How I ended up with a mini home data center using raspberry pi

The story behind the cluster of LED lights sitting under my desk.

Tomas Delclaux
4 min readOct 11, 2020
Rack of raspberry pi connected to switch

Truth be told, what is now a hobby, was born out of a professional necessity. I was involved in a project and needed to validate an architecture design that contained a cluster of MariaDB SQL databases, and so I started to ask myself how to test this in a lab.

I thought about AWS but I was already using all of their freebies on other small personal projects and did not feel like increasing my monthly bill.

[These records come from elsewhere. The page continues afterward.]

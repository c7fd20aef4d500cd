-- ===== src/Handlers/DeviceToken.antt =====
-- handleDeviceCodeToken of internal/handlers/handlers.go: a device code for tokens.
pub mod Consent
use Prim.Native.String
use fake_auth.Base.{
  ℕ, ℤ, pos, String, Bool, true, false, not, ◌&&◌, Option, none, some, List, [], ◌∷◌, or_else, ◌==◌,
  if◌then◌else◌,
}
use fake_auth.Text.{contains, or_text}
use fake_auth.Dict.{Dict, put}
use fake_auth.Json.{Value, str, int}
use fake_auth.Token.{IdTokenOptions, issue, issue_id_token}
use fake_auth.Database
use fake_auth.Database.{Fetched, found, missing, broken, get_by_id}
use fake_auth.Grants
use fake_auth.Grants.{DeviceCode, get_device_code, consume_device_code}
use fake_auth.Handlers.{
  Env, Draws, Config, State, Response, access_lifetime, id_lifetime, engine_of, send_json,
  error_json, described,
}
use fake_auth.Handlers.Issuing.{merge_claims, rule_user, shown_name, bearer, put_token}

-- The device's audience, else its client, else the default.
unfoldable pub audience_of : DeviceCode → String
unfolding or_text
audience_of dc = or_text (or_text dc.audience dc.client_id) "https://api.example.com"

unfoldable pub add_id_token :
    Config → Env → ℕ → DeviceCode → Database.User → String → Dict Value → Dict Value
unfolding put_token id_lifetime
add_id_token cfg env now dc u session_id resp =
    let ru = rule_user cfg u dc.client_id in
    let opts : IdTokenOptions = record {
      nonce = "";
      amr = "pwd" ∷ [];
      access_token = "";
      auth_code = "";
      session_id = session_id;
      custom_claims = or_else ru.id_token_claims [];
    } in
    if contains dc.scope "openid"
    then put_token "id_token"
        (issue_id_token env.jwt cfg.issuer now dc.user_id (audience_of dc) dc.client_id
          (pos (id_lifetime cfg)) dc.scope ru.email (shown_name ru) "" (some opts))
        resp
    else resp

-- From the access token on.
issued : Config → Env → Draws → DeviceCode → Database.User → Option String → Response
unfolding add_id_token bearer access_lifetime
issued cfg env draws dc u none = error_json 500 "server_error"
issued cfg env draws dc u (some access_token) = send_json 200 (
    add_id_token cfg env (draws.clock 4) dc u (String.◌++◌ "sid_" (draws.uuid 0))
      (bearer (access_lifetime cfg) access_token))

device_tokens : Config → Env → Draws → DeviceCode → Fetched Database.User → Response
unfolding issued merge_claims access_lifetime
device_tokens cfg env draws dc missing = error_json 500 "server_error"
device_tokens cfg env draws dc (broken e) = error_json 500 "server_error"
device_tokens cfg env draws dc (found u) = issued cfg env draws dc u (
    issue env.jwt cfg.issuer (draws.clock 3) dc.user_id (audience_of dc) dc.client_id
      (pos (access_lifetime cfg))
      (merge_claims (rule_user cfg u dc.client_id).access_token_claims
        cfg.extra_access_token_claims))

-- After ConsumeDeviceCode.
taken : Config → Env → Draws → State → Grants.Store × Option DeviceCode → State × Response
unfolding device_tokens
taken cfg env draws s (g, none) = (
  record s { grant_store = some g },
  described 400 "invalid_grant" "Invalid or expired device_code",
)
taken cfg env draws s (g, some dc) = (
  record s { grant_store = some g },
  device_tokens cfg env draws dc (get_by_id (engine_of env draws 0) env.codec s.db dc.user_id),
)

-- After GetDeviceCode.
polled : Config → Env → Draws → State → String → Grants.Store × Option DeviceCode → State × Response
unfolding taken
polled cfg env draws s device_code (g, none) = (
  record s { grant_store = some g },
  described 400 "invalid_grant" "Invalid or expired device_code",
)
polled cfg env draws s device_code (g, some dc) =
    if dc.access_denied
    then (
      record s { grant_store = some g },
      described 400 "access_denied" "User denied the request",
    )
    else if not dc.user_authorized
    then (
      record s { grant_store = some g },
      described 400 "authorization_pending" "User has not yet completed authorization",
    )
    else taken cfg env draws s (consume_device_code env.upper (draws.clock 2) device_code g)

unfoldable pub handle_device_code_token : Config → Env → Draws → State → String → State × Response
unfolding polled
handle_device_code_token cfg env draws s device_code = elim s.grant_store [
  | none ↦ (s, described 400 "invalid_grant" "Device code flow not configured")
  | some g ↦
      if device_code == ""
      then (s, described 400 "invalid_grant" "Missing device_code")
      else polled cfg env draws s device_code
          (get_device_code env.upper (draws.clock 0) (draws.clock 1) device_code g)
]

I also thought about deploying a set of virtual machines in my own laptop using VirtualBox, and to be honest, for the test I wanted to do, it would have been perfectly fine; create three small machines, install MariaDB, configure the replica set and test the fail over. But then I thought that maybe I would want to keep a cluster of databases for my own personal use. For example, I thought, I could use it to keep track of my expenses in a more exciting fashion that an excel spreadsheet. So, I decided to get a couple of raspberries,connect them together and have a system where I could try things out and also host useful tools and bots for my own use.

At this point in time, I already had two raspberry pi 3 that I had used for some experiments, and decided to get two more, one to complete the SQL cluster and the second one to use as a jump server. These last two machines are raspberry pi 4, because I wanted to leverage the 4GB RAM, compared to 1GB RAM of the previous model.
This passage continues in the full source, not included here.